> Gedichte und Zitate für alle: W. Bode: Goethe in vertraulichen Briefen......12.08.1766 Horn an Moors (10)

2015-08-17

W. Bode: Goethe in vertraulichen Briefen......12.08.1766 Horn an Moors (10)



1766

12. August


Leipzig. Horn an Moors

In Frankfurt hatte Wolfgang Goethe in den letzten Jahren besonders mit den Nachbarssöhnen und Altersgenossen Horn, Riese, Kehr und Moors verkehrt. Riese und Kehr gingen im Herbst 1865 nach Marburg, Moors nach Göttingen. Ostern 1766 folgte Horn seinem Freund Goethe nach Leipzig und konnte bald über ihn berichten.

Das ist immer noch der stolze Phantast, der er war, als ich herkam. Wenn Du ihn nur sähst, Du würdest entweder vor Zorn rasend werden oder vor Lachen bersten müssen. 

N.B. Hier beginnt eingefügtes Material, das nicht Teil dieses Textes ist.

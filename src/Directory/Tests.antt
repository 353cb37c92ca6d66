-- ===== src/Directory/Tests.antt =====
-- Names, filters and the synchronisation at concrete inputs.
use munichat.Prelude.{◌≡◌, refl, Bool, ◌&&◌, ◌||◌, none, some, [], ◌∷◌, ◌++◌, if◌then◌else◌}
use munichat.Text.{Text, lit, text_eq, trim}
use munichat.Directory.Names.{Department, escape_filter_value, department_from_dn, join_commas}
use munichat.Directory.Components.{nothing, plainly, escaped, department_from_dn-IsWritten}
use munichat.Directory.Filters.{at_unit, read_from, escape_filter_value_read}
use munichat.Directory.ChannelSync.{sync_channels_for_user}
use munichat.Directory.Memory.{group_of, with_member, without_left, table}
use munichat.Directory.Synced.{belongs, sync_channels_for_user-belongs}

abbrev account : Text
account = lit "CN=Ann"

abbrev unit : Text
unit = lit "TI, Redes"

abbrev written_unit : Text
written_unit = lit "TI\\, Redes"

-- The unit's name has a comma.
department_from_dn-IsWritten_example :
    department_from_dn (join_commas (account ∷ (lit "OU=" ++ written_unit) ∷ lit "DC=br" ∷ []))
    ≡ some
        (record { dn = join_commas ((lit "OU=" ++ written_unit) ∷ lit "DC=br" ∷ []); name = unit })
unfolding trim
department_from_dn-IsWritten_example =
    department_from_dn-IsWritten account written_unit b'T' (lit "I, Redes") (lit "DC=br" ∷ [])
      (plainly b'T' refl (
        plainly b'I' refl (
          escaped b',' refl (
            plainly b' ' refl (
              plainly b'R' refl (
                plainly b'e' refl
                  (plainly b'd' refl (plainly b'e' refl (plainly b's' refl nothing)))))))))
      ((refl, refl), ((refl, refl), ((refl, refl), tt))) refl

-- A pair of hexadecimal digits is read as the digits.
hexadecimal_is_not_read :
    department_from_dn (lit "CN=Ann,OU=S\\c3\\a3o,DC=br")
    ≡ some (record { dn = lit "OU=S\\c3\\a3o,DC=br"; name = lit "Sc3a3o" })
unfolding department_from_dn
hexadecimal_is_not_read = refl

department_is_read :
    department_from_dn (lit "cn=Ann, ou=TI\\, Redes ,DC=br")
    ≡ some (record { dn = lit "ou=TI\\, Redes,DC=br"; name = lit "TI, Redes" })
unfolding department_from_dn
department_is_read = refl

-- A backslash at the end of a value is written as two, and hides the comma after it from the code.
last_backslash_hides_unit : department_from_dn (lit "CN=Ann\\\\,OU=TI,DC=br") ≡ none
unfolding department_from_dn
last_backslash_hides_unit = refl

-- A value that tries to close the filter.
escape_filter_value_read_example :
    read_from at_unit (escape_filter_value (lit "*)(uid=\\") ++ b')' ∷ lit ")")
    ≡ some (lit "*)(uid=\\", lit ")")
escape_filter_value_read_example = escape_filter_value_read (lit "*)(uid=\\") (lit ")")

abbrev department : Department
department = record { dn = lit "OU=TI"; name = lit "TI" }

-- Ann is in the channel of another department and in one that is not linked.
abbrev members : Text → Text → Bool
members u c = text_eq u (lit "ann") && (text_eq c (lit "OU=RH") || text_eq c [])

abbrev moved : Text → Text → Bool
moved =
    without_left (lit "ann") (some (lit "OU=TI")) (with_member (lit "ann") (lit "OU=TI") members)

sync_channels_for_user-belongs_example : moved (lit "ann") (lit "OU=RH") ≡ (
    if text_eq (lit "ann") (lit "ann")
    then belongs
        (some (lit "OU=TI"))
        (group_of moved (lit "OU=RH"))
        (members (lit "ann") (lit "OU=RH"))
    else members (lit "ann") (lit "OU=RH"))
unfolding sync_channels_for_user
sync_channels_for_user-belongs_example =
    sync_channels_for_user-belongs table (λ t. t) (λ t. t) (lit "ann") (some department) members
      moved refl (lit "ann") (lit "OU=RH")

Ich kann gar nicht einsehen, wie sich ein Mensch so geschwind verändern kann. Alle seine Sitten und sein ganzes jetziges Betragen sind himmelweit von seiner vorigen Aufführung unterschieden. Er ist bei seinem Stolze auch ein Stutzer, und alle seine Kleider, so schön sie auch sind, sind von so einem närrischen goüt, der ihn auf der ganzen Akademie auszeichnet. Doch dieses ist ihm alles einerlei, man mag ihm seine Torheit Vorhalten, soviel man will.

Man mag Amphion sein und Feld und Wald bezwingen, 
Nur keinen Goethe nicht kann man zur Klugheit bringen.

Sein ganzes Dichten und Trachten ist nur, seiner gnädigen Fräulein und sich selbst zu gefallen. Er macht sich in allen Gesellschaften mehr lächerlich als angenehm. Er hat sich — bloß weil es die Fräulein gern sieht — solche porte-mains und Gebärden angewöhnt, bei welchen man unmöglich das Lachen enthalten kann. Einen Gang hat er angenommen, der ganz unerträglich ist. Wenn Du es nur sähest!

II marche ä pas comtes
Comme un recteur suivi des quatres facultees.

Sein Umgang wird mir alle Tage unerträglicher, und er sucht auch denselbigen, wo er kann, zu vermeiden. Ich bin ihm zu schlecht, daß er mit mir über die Straße gehen sollte. Was würde der König von Holland sagen, wenn er ihn in dieser Positur sähe ? 

Schreibe doch bald wieder einmal an ihn und sage ihm die Meinung; er bleibt sonst samt seiner gnädigen Fräulein närrisch. Wenn mich nur der Himmel, solange ich hier bin, vor einem Mädchen bewahrt, denn das hiesige Weibsvolk ist ganz des Teufels. Goethe ist nicht der erste, der seiner Dulcinea zu Gefallen ein Narr ist. Ich wünschte nur, daß Du sie ein einzig Mal sähest. Sie ist die abgeschmackste Kreatur von der Welt. Eine minecoquette avec un air hautain ist alles, womit sie Goethen bezaubert hat. 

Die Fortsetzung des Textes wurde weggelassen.